Work to complete
The answer must be an exact copy of all the data below.
↓
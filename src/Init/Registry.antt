-- ===== src/Init/Registry.antt =====
-- scripts/init-devnet.ts: the registry is initialised with a new collection, and the two accounts are
-- read back.
use solana.Prelude.{ℕ, Option, none, some, Bytes, Pubkey}
use solana.Script.{Script, Outcome, done, threw, ◌>>=◌, ◌>>◌, return, exit_code}
use solana.Registry.State.{RootConfig, RegistryConfig}
use solana.Registry.Identity.{Initialize}
use solana.Helpers.{Web3}
use solana.Deploy.{get_root_config_pda, get_registry_config_pda, get_program_data_pda}

-- The network: `rpc` of `initialize` with the wallet and the collection as signers, and the accounts
-- that are fetched; `none` is a call that throws.
pub record Connection : Type 1 where
  pub Net : Type 0
  pub initialize : Initialize → Net → Option Bytes × Net
  pub fetch_root_config : Pubkey → Net → Option RootConfig × Net
  pub fetch_registry_config : Pubkey → Net → Option RegistryConfig × Net

pub record Setup : Type 1 where
  pub web3 : Web3
  pub connection : Connection
  pub program_id : Pubkey
  pub loader : Pubkey
  pub wallet : Pubkey
  -- the key that `Keypair.generate` makes
  pub collection : Pubkey

abbrev pub answer : {Net A : Type 0} → Option A × Net → Outcome Net A
answer (none, net) = threw net
answer (some a, net) = done a net

unfoldable pub ask : {Net A : Type 0} → (Net → Option A × Net) → Script Net A
ask c net = answer (c net)

module _ (s : Setup) where
  open s use {web3, connection}

  unfoldable pub accounts : Initialize
  accounts = record {
    root_config = (get_root_config_pda web3 s.program_id).0;
    registry_config = (get_registry_config_pda web3 s.collection s.program_id).0;
    collection = s.collection;
    authority = s.wallet;
    program_data = (get_program_data_pda web3 s.loader s.program_id).0;
  }

  -- The two accounts are printed.
  unfoldable pub steps : Script connection.Net (RootConfig × RegistryConfig)
  steps = do
    ask (connection.initialize accounts)
    root_config ← ask (connection.fetch_root_config (accounts.root_config))
    registry_config ← ask (connection.fetch_registry_config (accounts.registry_config))
    return (root_config, registry_config)

  -- `main` and the exit code of the process.
  unfoldable pub main : connection.Net → ℕ × connection.Net
  main net = exit_code (steps net)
↑
Output for this exercise
filename src/Init/Registry.antt
-- ===== src/Init/Registry.antt =====
-- scripts/init-devnet.ts: the registry is initialised with a new collection, and the two accounts are
-- read back.
use solana.Prelude.{ℕ, Option, none, some, Bytes, Pubkey}
use solana.Script.{Script, Outcome, done, threw, ◌>>=◌, ◌>>◌, return, exit_code}
use solana.Registry.State.{RootConfig, RegistryConfig}
use solana.Registry.Identity.{Initialize}
use solana.Helpers.{Web3}
use solana.Deploy.{get_root_config_pda, get_registry_config_pda, get_program_data_pda}

-- The network: `rpc` of `initialize` with the wallet and the collection as signers, and the accounts
-- that are fetched; `none` is a call that throws.
pub record Connection : Type 1 where
  pub Net : Type 0
  pub initialize : Initialize → Net → Option Bytes × Net
  pub fetch_root_config : Pubkey → Net → Option RootConfig × Net
  pub fetch_registry_config : Pubkey → Net → Option RegistryConfig × Net

pub record Setup : Type 1 where
  pub web3 : Web3
  pub connection : Connection
  pub program_id : Pubkey
  pub loader : Pubkey
  pub wallet : Pubkey
  -- the key that `Keypair.generate` makes
  pub collection : Pubkey

abbrev pub answer : {Net A : Type 0} → Option A × Net → Outcome Net A
answer (none, net) = threw net
answer (some a, net) = done a net

unfoldable pub ask : {Net A : Type 0} → (Net → Option A × Net) → Script Net A
ask c net = answer (c net)

module _ (s : Setup) where
  open s use {web3, connection}

  unfoldable pub accounts : Initialize
  accounts = record {
    root_config = (get_root_config_pda web3 s.program_id).0;
    registry_config = (get_registry_config_pda web3 s.collection s.program_id).0;
    collection = s.collection;
    authority = s.wallet;
    program_data = (get_program_data_pda web3 s.loader s.program_id).0;
  }

  -- The two accounts are printed.
  unfoldable pub steps : Script connection.Net (RootConfig × RegistryConfig)
  steps = do
    ask (connection.initialize accounts)
    root_config ← ask (connection.fetch_root_config (accounts.root_config))
    registry_config ← ask (connection.fetch_registry_config (accounts.registry_config))
    return (root_config, registry_config)

  -- `main` and the exit code of the process.
  unfoldable pub main : connection.Net → ℕ × connection.Net
  main net = exit_code (steps net)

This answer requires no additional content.